In another comment online (from 30 November 2021), Jordan Wood states this in even more direct (although somewhat technical) terms:
“The Word’s nativity is the nativity of the cosmos, since in the former he himself becomes the principle of being born in a particular time and space—that is, the principle of finitude itself—even as he remains divine. (For every principle qua principle, if it’s to be actual, must be enhypostasized.) Therefore his act of creation is, in his own person, wholly interpenetrated by his act of being created, so that all of creation is crossed by this point in time even as this point in time occurs within all of creation. The womb of the world is the womb of the Theotokos.”

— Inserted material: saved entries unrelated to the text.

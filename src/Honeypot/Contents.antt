-- ===== src/Honeypot/Contents.antt =====
-- internal/honeypot/filesystem.go: what the files of the honeypot hold.
use phantom_grid.Prelude.{[], ◌∷◌, ◌++◌}
use phantom_grid.Prelude.Bytes.{Bytes, codes}
use phantom_grid.Prelude.Table.{Table}
use phantom_grid.Honeypot.Text.{text_lines}

abbrev etc_passwd : Bytes
etc_passwd = text_lines (
    "root:x:0:0:root:/root:/bin/bash" ∷ "daemon:x:1:1:daemon:/usr/sbin:/usr/sbin/nologin"
    ∷ "bin:x:2:2:bin:/bin:/usr/sbin/nologin" ∷ "sys:x:3:3:sys:/dev:/usr/sbin/nologin"
    ∷ "sync:x:4:65534:sync:/bin:/bin/sync" ∷ "games:x:5:60:games:/usr/games:/usr/sbin/nologin"
    ∷ "man:x:6:12:man:/var/cache/man:/usr/sbin/nologin"
    ∷ "lp:x:7:7:lp:/var/spool/lpd:/usr/sbin/nologin" ∷ "mail:x:8:8:mail:/var/mail:/usr/sbin/nologin"
    ∷ "news:x:9:9:news:/var/spool/news:/usr/sbin/nologin"
    ∷ "uucp:x:10:10:uucp:/var/spool/uucp:/usr/sbin/nologin"
    ∷ "proxy:x:13:13:proxy:/bin:/usr/sbin/nologin"
    ∷ "www-data:x:33:33:www-data:/var/www:/usr/sbin/nologin"
    ∷ "backup:x:34:34:backup:/var/backups:/usr/sbin/nologin"
    ∷ "list:x:38:38:Mailing List Manager:/var/list:/usr/sbin/nologin"
    ∷ "irc:x:39:39:ircd:/var/run/ircd:/usr/sbin/nologin"
    ∷ "gnats:x:41:41:Gnats Bug-Reporting System (admin):/var/lib/gnats:/usr/sbin/nologin"
    ∷ "nobody:x:65534:65534:nobody:/nonexistent:/usr/sbin/nologin"
    ∷ "systemd-network:x:100:102:systemd Network Management,,,:/run/systemd:/usr/sbin/nologin"
    ∷ "systemd-resolve:x:101:103:systemd Resolver,,,:/run/systemd:/usr/sbin/nologin"
    ∷ "systemd-timesync:x:102:104:systemd Time Synchronization,,,:/run/systemd:/usr/sbin/nologin"
    ∷ "messagebus:x:103:106::/nonexistent:/usr/sbin/nologin"
    ∷ "syslog:x:104:110::/home/syslog:/usr/sbin/nologin"
    ∷ "_apt:x:105:65534::/nonexistent:/usr/sbin/nologin"
    ∷ "tss:x:106:111:TPM software stack,,,:/var/lib/tpm:/bin/false"
    ∷ "uuidd:x:107:112::/run/uuidd:/usr/sbin/nologin"
    ∷ "tcpdump:x:108:113::/nonexistent:/usr/sbin/nologin"
    ∷ "tcpdump:x:109:114::/nonexistent:/usr/sbin/nologin"
    ∷ "sshd:x:110:65534::/run/sshd:/usr/sbin/nologin"
    ∷ "landscape:x:111:115::/var/lib/landscape:/usr/sbin/nologin"
    ∷ "pollinate:x:112:1::/var/cache/pollinate:/bin/false"
    ∷ "ubuntu:x:1000:1000:Ubuntu:/home/ubuntu:/bin/bash"
    ∷ "lxd:x:999:100::/var/snap/lxd/common/lxd:/bin/false" ∷ [])

abbrev etc_hosts : Bytes
etc_hosts = text_lines (
    "127.0.0.1\tlocalhost" ∷ "127.0.1.1\tserver" ∷ "::1\t\tlocalhost ip6-localhost ip6-loopback"
    ∷ "ff02::1\t\tip6-allnodes" ∷ "ff02::2\t\tip6-allrouters" ∷ [])

abbrev var_log_auth_log : Bytes
var_log_auth_log = text_lines (
    "Dec 15 10:23:15 server sshd[1234]: Accepted publickey for root from 192.168.1.100 port 54321 ssh2"
    ∷ "Dec 15 10:25:30 server sshd[1235]: Failed password for invalid user admin from 192.168.1.101 port 54322 ssh2"
    ∷ "Dec 15 10:26:45 server sshd[1236]: Accepted publickey for ubuntu from 192.168.1.102 port 54323 ssh2"
    ∷ "Dec 15 10:28:12 server sudo:     root : TTY=pts/0 ; PWD=/root ; USER=root ; COMMAND=/usr/bin/apt update"
    ∷ "Dec 15 10:30:22 server sshd[1237]: Invalid user test from 192.168.1.103 port 54324 ssh2"
    ∷ [])

abbrev var_log_syslog : Bytes
var_log_syslog = text_lines (
    "Dec 15 10:20:01 server systemd[1]: Started Daily apt upgrade and clean activities."
    ∷ "Dec 15 10:20:15 server systemd[1]: Starting Cleanup of Temporary Directories..."
    ∷ "Dec 15 10:20:15 server systemd[1]: Started Cleanup of Temporary Directories."
    ∷ "Dec 15 10:23:15 server sshd[1234]: Server listening on 0.0.0.0 port 22."
    ∷ "Dec 15 10:23:15 server sshd[1234]: Server listening on :: port 22."
    ∷ "Dec 15 10:25:30 server kernel: [12345.678901] audit: type=1106 audit(1639561530.123:456): pid=1235 uid=0 auid=4294967295 ses=4294967295 msg='op=PAM:authentication acct=\"admin\" exe=\"/usr/sbin/sshd\" hostname=? addr=192.168.1.101 terminal=ssh res=failed'"
    ∷ [])

abbrev root_bash_history : Bytes
root_bash_history =
    text_lines ("cd /var/www" ∷ "ls -la" ∷ "cat config.php" ∷ "mysql -u root -p" ∷ "exit" ∷ [])

abbrev root_config_txt : Bytes
root_config_txt = text_lines (
    "# Database Configuration" ∷ "DB_HOST=localhost" ∷ "DB_USER=admin" ∷ "DB_PASS=********"
    ∷ "DB_NAME=production" ∷ "" ∷ "# API Keys" ∷ "API_KEY=sk_live_51H3ll0W0rld"
    ∷ "SECRET_KEY=sk_test_4BcDeFgHiJkLmNoPqRsTuVwXyZ" ∷ [])

abbrev var_www_config_php : Bytes
var_www_config_php =
    text_lines (
      "<?php" ∷ "define('DB_HOST', 'localhost');" ∷ "define('DB_USER', 'admin');"
      ∷ "define('DB_PASS', 'P@ssw0rd123');" ∷ "define('DB_NAME', 'wordpress');"
      ∷ "define('WP_DEBUG', false);" ∷ [])
    ++ codes "?>"

abbrev etc_nginx_nginx_conf : Bytes
etc_nginx_nginx_conf = text_lines (
    "user www-data;" ∷ "worker_processes auto;" ∷ "pid /run/nginx.pid;" ∷ "" ∷ "events {"
    ∷ "\tworker_connections 768;" ∷ "}" ∷ "" ∷ "http {" ∷ "\tsendfile on;" ∷ "\ttcp_nopush on;"
    ∷ "\ttcp_nodelay on;" ∷ "\tkeepalive_timeout 65;" ∷ "\ttypes_hash_max_size 2048;" ∷ ""
    ∷ "\tinclude /etc/nginx/mime.types;" ∷ "\tdefault_type application/octet-stream;" ∷ ""
    ∷ "\taccess_log /var/log/nginx/access.log;" ∷ "\terror_log /var/log/nginx/error.log;" ∷ ""
    ∷ "\tserver {" ∷ "\t\tlisten 80 default_server;" ∷ "\t\tlisten [::]:80 default_server;"
    ∷ "\t\troot /var/www/html;" ∷ "\t\tindex index.html index.htm index.nginx-debian.html;"
    ∷ "\t\tserver_name _;" ∷ "\t\tlocation / {" ∷ "\t\t\ttry_files $uri $uri/ =404;" ∷ "\t\t}"
    ∷ "\t}" ∷ "}" ∷ [])

abbrev pub init_files : Table Bytes
init_files =
    (codes "/etc/passwd", etc_passwd)
    ∷ (codes "/etc/hosts", etc_hosts)
    ∷ (codes "/var/log/auth.log", var_log_auth_log)
    ∷ (codes "/var/log/syslog", var_log_syslog)
    ∷ (codes "/root/.bash_history", root_bash_history)
    ∷ (codes "/root/config.txt", root_config_txt)
    ∷ (codes "/var/www/config.php", var_www_config_php)
    ∷ (codes "/etc/nginx/nginx.conf", etc_nginx_nginx_conf)
    ∷ []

To learn more regarding this theology, watch for Jordan Wood’s book releasing in October 2022 from the University of Notre Dame Press called The Whole Mystery of Christ: Creation as Incarnation in Maximus the Confessor.
For my part, as I seek to know this in my own life, I can only turn back to what I shared at the start about my godmother saying that her own experience of being within the church is like being held within a womb. Of course, all the world is a place of new creation, a place for the creator to be known. However, I daily forget this about my place, and I come from people that have long forgotten where they dwell. I need prayer and sacraments, times set aside for me and a place to stand and attend. This allows me to hear the blood coursing through the warm world surrounding me as well as the cries of anguish. I’m restored to my own labors as both a child and a mother myself, called to feed upon my God and, in turn, to offer life to those around me.
Because God is our innermost life, the cosmic womb and our own hearts are one and the same place. Maximus is quoted in the Philokalia with this reminder:
“Jesus the Christ who was born in the flesh once for all of us, desires to be born again in the spirit of those who desire Him. In each of us, he again becomes a child in the womb of our soul and forms himself from the virtues. He reveals as much of Himself as He knows each of us can accept. Let us contemplate the mystery of the incarnation and in simplicity praise Him who became man for us.”
Angelius Silesius (a few centuries later, 1624-1677) says much the same:
“If you could turn your heart into a cow-stall, Christ would be born again on earth!”
May we learn in simplicity to contemplate and praise Christ’s incarnation that we might see God in every moment and facet of creation.